(Task statement)
Gather all lines in the entries below that include the word "EventKind".

----

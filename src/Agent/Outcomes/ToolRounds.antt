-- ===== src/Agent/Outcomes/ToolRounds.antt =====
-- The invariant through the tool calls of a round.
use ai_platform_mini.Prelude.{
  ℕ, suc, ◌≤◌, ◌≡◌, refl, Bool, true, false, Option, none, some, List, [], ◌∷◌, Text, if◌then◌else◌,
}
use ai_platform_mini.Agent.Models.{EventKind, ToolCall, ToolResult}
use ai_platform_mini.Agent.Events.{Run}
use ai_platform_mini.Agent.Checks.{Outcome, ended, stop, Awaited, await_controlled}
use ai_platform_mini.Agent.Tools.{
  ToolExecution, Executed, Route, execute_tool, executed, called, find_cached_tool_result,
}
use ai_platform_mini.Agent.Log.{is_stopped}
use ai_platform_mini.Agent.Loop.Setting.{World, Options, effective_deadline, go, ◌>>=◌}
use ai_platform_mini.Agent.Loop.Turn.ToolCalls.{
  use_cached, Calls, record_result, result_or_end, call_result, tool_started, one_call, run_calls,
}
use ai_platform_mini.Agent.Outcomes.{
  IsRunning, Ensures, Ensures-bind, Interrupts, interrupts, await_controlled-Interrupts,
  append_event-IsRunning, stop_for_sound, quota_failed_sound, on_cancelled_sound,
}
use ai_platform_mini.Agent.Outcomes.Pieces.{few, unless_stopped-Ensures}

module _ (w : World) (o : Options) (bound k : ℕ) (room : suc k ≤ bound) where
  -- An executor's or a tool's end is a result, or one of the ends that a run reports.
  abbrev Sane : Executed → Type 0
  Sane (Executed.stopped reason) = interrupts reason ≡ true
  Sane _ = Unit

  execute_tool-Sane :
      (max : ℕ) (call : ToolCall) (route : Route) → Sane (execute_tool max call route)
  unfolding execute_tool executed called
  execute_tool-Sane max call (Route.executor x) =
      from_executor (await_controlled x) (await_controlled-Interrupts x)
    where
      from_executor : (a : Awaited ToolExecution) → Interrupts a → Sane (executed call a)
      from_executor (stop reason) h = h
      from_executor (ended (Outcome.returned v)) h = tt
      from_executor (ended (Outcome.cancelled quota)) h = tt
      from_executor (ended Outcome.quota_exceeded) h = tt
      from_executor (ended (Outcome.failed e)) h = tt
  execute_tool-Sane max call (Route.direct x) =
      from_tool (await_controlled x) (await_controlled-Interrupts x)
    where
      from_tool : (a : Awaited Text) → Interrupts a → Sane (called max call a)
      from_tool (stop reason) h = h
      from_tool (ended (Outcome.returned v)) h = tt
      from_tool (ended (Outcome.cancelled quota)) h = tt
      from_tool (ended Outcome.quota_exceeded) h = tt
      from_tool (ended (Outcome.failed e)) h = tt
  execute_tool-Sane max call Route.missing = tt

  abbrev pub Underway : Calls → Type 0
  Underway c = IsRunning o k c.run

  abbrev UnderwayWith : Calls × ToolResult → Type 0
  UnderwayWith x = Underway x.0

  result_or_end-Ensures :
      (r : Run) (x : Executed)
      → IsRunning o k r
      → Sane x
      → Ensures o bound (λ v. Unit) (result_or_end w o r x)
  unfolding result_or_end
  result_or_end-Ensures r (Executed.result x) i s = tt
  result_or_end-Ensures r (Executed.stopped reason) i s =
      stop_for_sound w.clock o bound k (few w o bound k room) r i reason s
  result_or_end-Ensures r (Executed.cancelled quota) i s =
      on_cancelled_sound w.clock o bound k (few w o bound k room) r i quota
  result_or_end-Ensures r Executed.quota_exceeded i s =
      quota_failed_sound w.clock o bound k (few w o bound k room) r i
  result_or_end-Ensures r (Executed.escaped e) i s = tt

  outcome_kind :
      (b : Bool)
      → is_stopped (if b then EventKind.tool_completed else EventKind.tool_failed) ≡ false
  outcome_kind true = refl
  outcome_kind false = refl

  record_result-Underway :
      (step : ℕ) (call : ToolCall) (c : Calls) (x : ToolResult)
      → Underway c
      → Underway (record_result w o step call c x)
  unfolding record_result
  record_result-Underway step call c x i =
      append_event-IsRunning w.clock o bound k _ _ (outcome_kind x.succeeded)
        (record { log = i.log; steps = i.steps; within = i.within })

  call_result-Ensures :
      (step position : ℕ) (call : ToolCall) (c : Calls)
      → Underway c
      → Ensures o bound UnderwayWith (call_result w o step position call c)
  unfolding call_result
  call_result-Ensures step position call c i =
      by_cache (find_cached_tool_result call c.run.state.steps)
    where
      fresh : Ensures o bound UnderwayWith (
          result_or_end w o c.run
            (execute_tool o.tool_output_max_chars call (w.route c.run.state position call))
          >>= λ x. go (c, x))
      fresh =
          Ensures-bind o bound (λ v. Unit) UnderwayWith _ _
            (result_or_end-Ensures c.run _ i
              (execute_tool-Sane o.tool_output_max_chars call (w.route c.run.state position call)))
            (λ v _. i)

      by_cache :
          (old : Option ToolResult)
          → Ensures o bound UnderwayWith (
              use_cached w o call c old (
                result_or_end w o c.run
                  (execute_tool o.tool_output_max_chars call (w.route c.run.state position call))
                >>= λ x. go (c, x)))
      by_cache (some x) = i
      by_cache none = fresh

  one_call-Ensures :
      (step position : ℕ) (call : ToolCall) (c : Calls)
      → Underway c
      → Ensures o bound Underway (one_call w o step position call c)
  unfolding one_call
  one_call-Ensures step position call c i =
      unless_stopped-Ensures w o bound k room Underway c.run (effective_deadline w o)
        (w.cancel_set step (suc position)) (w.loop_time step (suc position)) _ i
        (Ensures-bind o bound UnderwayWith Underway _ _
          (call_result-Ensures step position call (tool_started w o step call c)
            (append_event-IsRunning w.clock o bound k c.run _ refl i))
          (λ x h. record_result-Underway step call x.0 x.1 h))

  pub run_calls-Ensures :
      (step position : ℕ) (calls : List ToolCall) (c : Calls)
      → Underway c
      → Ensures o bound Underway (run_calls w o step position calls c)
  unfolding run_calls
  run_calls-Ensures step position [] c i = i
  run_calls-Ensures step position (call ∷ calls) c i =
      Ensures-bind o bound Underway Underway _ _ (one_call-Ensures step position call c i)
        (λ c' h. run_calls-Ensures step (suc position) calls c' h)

----

(Exercise solution)
use ai_platform_mini.Agent.Models.{EventKind, ToolCall, ToolResult}
      → is_stopped (if b then EventKind.tool_completed else EventKind.tool_failed) ≡ false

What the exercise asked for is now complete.